In the entries below, the lines from the one with "matches cpu address" through the one with "-- ===== src/Cpu/Fits.antt" are to be copied exactly; both ends count.

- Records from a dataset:

============================================================

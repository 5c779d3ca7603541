-- ===== src/Cpu/Exec/Reserved.antt =====
-- Load-reserved, a store in between, and store-conditional: `lr_d` and `sc_d` of
-- src/cpu/instructions/dispatchers/a_extension.c with translation off.
use risc_v_virtual_machine.Common.{ℕ, ◌+◌}
use risc_v_virtual_machine.Common.{Bool, true, ltb, ◌==◌, ◌&&◌}
use risc_v_virtual_machine.Memory.Bytes.{size}
use risc_v_virtual_machine.Bus.{Platform, vm_bus, vm_bus_read64}
use risc_v_virtual_machine.Cpu.{Cpu, Machine, cpu_read_reg, cpu_write_reg}
use risc_v_virtual_machine.Cpu.Decode.{AType}
use risc_v_virtual_machine.Cpu.Paging.{}

-- `lr_d` gives the word at an aligned address and reserves its eight bytes.
reserved : Machine Platform → AType → Machine Platform
reserved m load =
    let address = cpu_read_reg m.cpu load.rs1 in
    record m {
      cpu = record (cpu_write_reg m.cpu load.rd (vm_bus_read64 m.ctx address).0) {
        reservation = record { valid = true; phys_addr = address; size = 8 };
      };
    }

-- The reservation that `sc_d` needs.
abbrev matches : Cpu → ℕ → Bool
matches cpu address =
    cpu.reservation.phys_addr == address && cpu.reservation.valid && cpu.reservation.size == 8

-- Eight bytes from `a` and `n` from `b` share one.
abbrev pub overlaps : ℕ → ℕ → ℕ → Bool
overlaps a b n = ltb a (b + n) && ltb b (a + 8)
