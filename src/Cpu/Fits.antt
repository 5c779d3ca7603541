-- ===== src/Cpu/Fits.antt =====
-- The widths of the words of the processor of src/cpu/cpu.c.
pub mod Values
pub mod Traps
pub mod Registers
pub mod Products
pub mod Immediates
pub mod Memory
pub mod Accesses
pub mod LoadStore
pub mod Atomics
pub mod Csr
pub mod System
pub mod Returns
pub mod Step
use risc_v_virtual_machine.Common.{
  ℕ, arith, ◌≡◌, ◌<◌, ◌^◌, ◌%◌, refl, Bool, true, false, if◌then◌else◌, ◌==◌, leb, update,
}
use risc_v_virtual_machine.Cpu.{
  Cpu, cpu_read_reg, cpu_write_reg, set_csr, cpu_invalidate_reservation,
}

pub record Fits (cpu : Cpu) : Type 0 where
  pub regs_lt : (r : ℕ) → cpu.regs r < 2 ^ 64
  pub csrs_lt : (csr : ℕ) → cpu.csrs csr < 2 ^ 64
  pub pc_lt : cpu.pc < 2 ^ 64

pub cpu_read_reg-lt : (cpu : Cpu) (r : ℕ) → Fits cpu → cpu_read_reg cpu r < 2 ^ 64
unfolding cpu_read_reg
cpu_read_reg-lt cpu r f = ground (arith, f.regs_lt r)

pub cpu_write_reg-Fits :
    (cpu : Cpu) (r value : ℕ) → Fits cpu → value < 2 ^ 64 → Fits (cpu_write_reg cpu r value)
unfolding cpu_write_reg
cpu_write_reg-Fits cpu r value f h = record {
  regs_lt = λ j. ground (arith, h, f.regs_lt j);
  csrs_lt = λ j. ground (arith, f.csrs_lt j);
  pc_lt = ground (arith, f.pc_lt);
}

pub Fits-if : (test : Bool) (a b : Cpu) → Fits a → Fits b → Fits (if test then a else b)
Fits-if true a b f g = f
Fits-if false a b f g = g

pub set_csr-Fits :
    (cpu : Cpu) (csr value : ℕ) → Fits cpu → value < 2 ^ 64 → Fits (set_csr cpu csr value)
set_csr-Fits cpu csr value f h = record {
  regs_lt = f.regs_lt;
  csrs_lt = λ j. ground (arith, h, f.csrs_lt j);
  pc_lt = f.pc_lt;
}

pub set_pc-Fits :
    (cpu : Cpu) (pc : ℕ) → Fits cpu → pc < 2 ^ 64 → Fits (record cpu { pc = pc; pc_written = true })
set_pc-Fits cpu pc f h = record { regs_lt = f.regs_lt; csrs_lt = f.csrs_lt; pc_lt = h }

pub cpu_invalidate_reservation-Fits :
    (cpu : Cpu) (addr n : ℕ) → Fits cpu → Fits (cpu_invalidate_reservation cpu addr n)
unfolding cpu_invalidate_reservation
cpu_invalidate_reservation-Fits cpu addr n f = record {
  regs_lt = λ r. ground (arith, f.regs_lt r);
  csrs_lt = λ csr. ground (arith, f.csrs_lt csr);
  pc_lt = ground (arith, f.pc_lt);
}
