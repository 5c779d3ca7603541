-- ===== src/Cpu/Fits/Values.antt =====
-- The widths of the values that the instructions compute, in src/cpu/instructions.
use native.Mathlib.Nat.{div-le_self, mod-le, mul-le-mul_left}
use risc_v_virtual_machine.Common.{
  ℕ, ◌-◌, arith, ◌<◌, ◌≤◌, ◌^◌, ◌*◌, ◌/◌, ◌%◌, Bool, true, false, if◌then◌else◌, is_set, bit_and,
}
use risc_v_virtual_machine.Common.Int.{ℤ, pos, negsuc, unsigned}
use risc_v_virtual_machine.Bits.{bit_or-lt}
use risc_v_virtual_machine.Cpu.Decode.{sign_extend}

pub quotient-lt : (x k : ℕ) → x < 2 ^ 64 → x / k < 2 ^ 64
quotient-lt x k h = omega (arith, div-le_self x k)

pub if-lt : (test : Bool) (x y : ℕ) → x < 2 ^ 64 → y < 2 ^ 64 → (if test then x else y) < 2 ^ 64
if-lt true x y h k = h
if-lt false x y h k = k

pub unsigned_64-lt : (z : ℤ) → unsigned 64 z < 2 ^ 64
unsigned_64-lt (pos n) = omega arith
unsigned_64-lt (negsuc n) = omega arith

pub unsigned_32-lt : (z : ℤ) → unsigned 32 z < 2 ^ 64
unsigned_32-lt (pos n) = omega arith
unsigned_32-lt (negsuc n) = omega arith

pub sign_extend-lt : (imm bits : ℕ) → imm < 2 ^ 64 → sign_extend imm bits < 2 ^ 64
unfolding sign_extend
sign_extend-lt imm bits h =
    if-lt (is_set (bit_and imm (2 ^ (bits - 1)))) _ _ (bit_or-lt 64 _ imm (omega arith) h) h

pub remainder-lt : (x k : ℕ) → x < 2 ^ 64 → x % k < 2 ^ 64
remainder-lt x k h = omega (arith, mod-le x k)

-- The high word of a product of two words.
pub product_high-lt : (x y : ℕ) → x < 2 ^ 64 → y < 2 ^ 64 → x * y / 2 ^ 64 < 2 ^ 64
product_high-lt x y h k =
    let bounded : x * y ≤ x * 2 ^ 64 = mul-le-mul_left x (omega arith) in omega arith
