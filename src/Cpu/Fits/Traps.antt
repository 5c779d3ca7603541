-- ===== src/Cpu/Fits/Traps.antt =====
-- The widths of the words that src/cpu/trap.c writes.
use risc_v_virtual_machine.Common.{ℕ, arith, ◌<◌, ◌^◌, ◌&&◌, true, is_set, bit_and, ltb}
use risc_v_virtual_machine.Bits.{bit_or-lt, bit_and-lt}
use risc_v_virtual_machine.Cpu.{Cpu, set_csr, m_mode}
use risc_v_virtual_machine.Cpu.Csr.Names
use risc_v_virtual_machine.Cpu.Csr.BitLaws.{two_pow-lt}
use risc_v_virtual_machine.Cpu.Csr.Handlers.{set_bit}
use risc_v_virtual_machine.Cpu.Trap.{enter_m_trap, enter_s_trap, raise_exception, raise_interrupt}
use risc_v_virtual_machine.Cpu.Fits.{Fits, Fits-if, set_csr-Fits}
use risc_v_virtual_machine.Cpu.Fits.Values.{if-lt}

pub set_bit-lt : (value b flag : ℕ) → value < 2 ^ 64 → b < 64 → set_bit value b flag < 2 ^ 64
unfolding set_bit
set_bit-lt value b flag h k =
    if-lt (is_set flag) _ _ (bit_or-lt 64 value (2 ^ b) h (two_pow-lt b k))
      (bit_and-lt 64 value _ h)

-- The entry into a handler, at a program counter below the vector of the handler.
abbrev entered : Cpu → ℕ → ℕ → ℕ → Cpu
entered cpu mstatus pc mode =
    let c = set_csr cpu Names.csr_mstatus mstatus in
    record c { priviledge = mode; pc = pc; trap_taken = true }

entered-Fits :
    (cpu : Cpu) (mstatus pc mode : ℕ)
    → Fits cpu
    → mstatus < 2 ^ 64
    → pc < 2 ^ 64
    → Fits (entered cpu mstatus pc mode)
entered-Fits cpu mstatus pc mode f h k =
    let g = set_csr-Fits cpu Names.csr_mstatus mstatus f h in
    record { regs_lt = g.regs_lt; csrs_lt = g.csrs_lt; pc_lt = k }

enter_m_trap-Fits : (cpu : Cpu) → Fits cpu → Fits (enter_m_trap cpu)
unfolding enter_m_trap
enter_m_trap-Fits cpu f =
    entered-Fits cpu _ _ m_mode f
      (set_bit-lt _ 12 _
        (set_bit-lt _ 11 _
          (set_bit-lt _ 3 _
            (set_bit-lt (cpu.csrs Names.csr_mstatus) 7 _ (f.csrs_lt Names.csr_mstatus)
              (omega arith))
            (omega arith))
          (omega arith))
        (omega arith))
      (bit_and-lt 64 _ _ (f.csrs_lt Names.csr_mtvec))

enter_s_trap-Fits : (cpu : Cpu) → Fits cpu → Fits (enter_s_trap cpu)
unfolding enter_s_trap
enter_s_trap-Fits cpu f =
    entered-Fits cpu _ _ 1 f
      (set_bit-lt _ 1 _
        (set_bit-lt _ 5 _
          (set_bit-lt (cpu.csrs Names.csr_mstatus) 8 _ (f.csrs_lt Names.csr_mstatus) (omega arith))
          (omega arith))
        (omega arith))
      (bit_and-lt 64 _ _ (f.csrs_lt Names.csr_stvec))

-- The three registers that tell a handler what happened.
told-Fits :
    (cpu : Cpu) (a b c pc x y : ℕ)
    → Fits cpu
    → pc < 2 ^ 64
    → x < 2 ^ 64
    → y < 2 ^ 64
    → Fits (set_csr (set_csr (set_csr cpu a pc) b x) c y)
told-Fits cpu a b c pc x y f h k l =
    set_csr-Fits _ c y (set_csr-Fits _ b x (set_csr-Fits cpu a pc f h) k) l

pub raise_exception-Fits :
    (cpu : Cpu) (cause tvalue : ℕ)
    → Fits cpu
    → cause < 2 ^ 64
    → tvalue < 2 ^ 64
    → Fits (raise_exception cpu cause tvalue)
unfolding raise_exception
raise_exception-Fits cpu cause tvalue f h k =
    Fits-if (ltb cpu.priviledge m_mode && is_set (bit_and (cpu.csrs Names.csr_medeleg) (2 ^ cause)))
      _ _
      (enter_s_trap-Fits _ (
        told-Fits cpu Names.csr_sepc Names.csr_scause Names.csr_stval cpu.pc cause tvalue f f.pc_lt
          h k))
      (enter_m_trap-Fits _ (
        told-Fits cpu Names.csr_mepc Names.csr_mcause Names.csr_mtval cpu.pc cause tvalue f f.pc_lt
          h k))

pub raise_interrupt-Fits :
    (cpu : Cpu) (cause : ℕ) → Fits cpu → cause < 64 → Fits (raise_interrupt cpu cause)
unfolding raise_interrupt
raise_interrupt-Fits cpu cause f h =
    let code = bit_or-lt 64 (2 ^ 63) cause (omega arith) (omega arith) in
    Fits-if (ltb cpu.priviledge m_mode && is_set (bit_and (cpu.csrs Names.csr_mideleg) (2 ^ cause)))
      _ _
      (enter_s_trap-Fits _ (
        told-Fits cpu Names.csr_sepc Names.csr_scause Names.csr_stval cpu.pc _ 0 f f.pc_lt code
          (omega arith)))
      (enter_m_trap-Fits _ (
        told-Fits cpu Names.csr_mepc Names.csr_mcause Names.csr_mtval cpu.pc _ 0 f f.pc_lt code
          (omega arith)))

============================================================

- Output of the task:
matches cpu address =
    cpu.reservation.phys_addr == address && cpu.reservation.valid && cpu.reservation.size == 8

-- Eight bytes from `a` and `n` from `b` share one.
abbrev pub overlaps : ℕ → ℕ → ℕ → Bool
overlaps a b n = ltb a (b + n) && ltb b (a + 8)
filename src/Cpu/Fits.antt
repository 5c779d3ca7603541
-- ===== src/Cpu/Fits.antt =====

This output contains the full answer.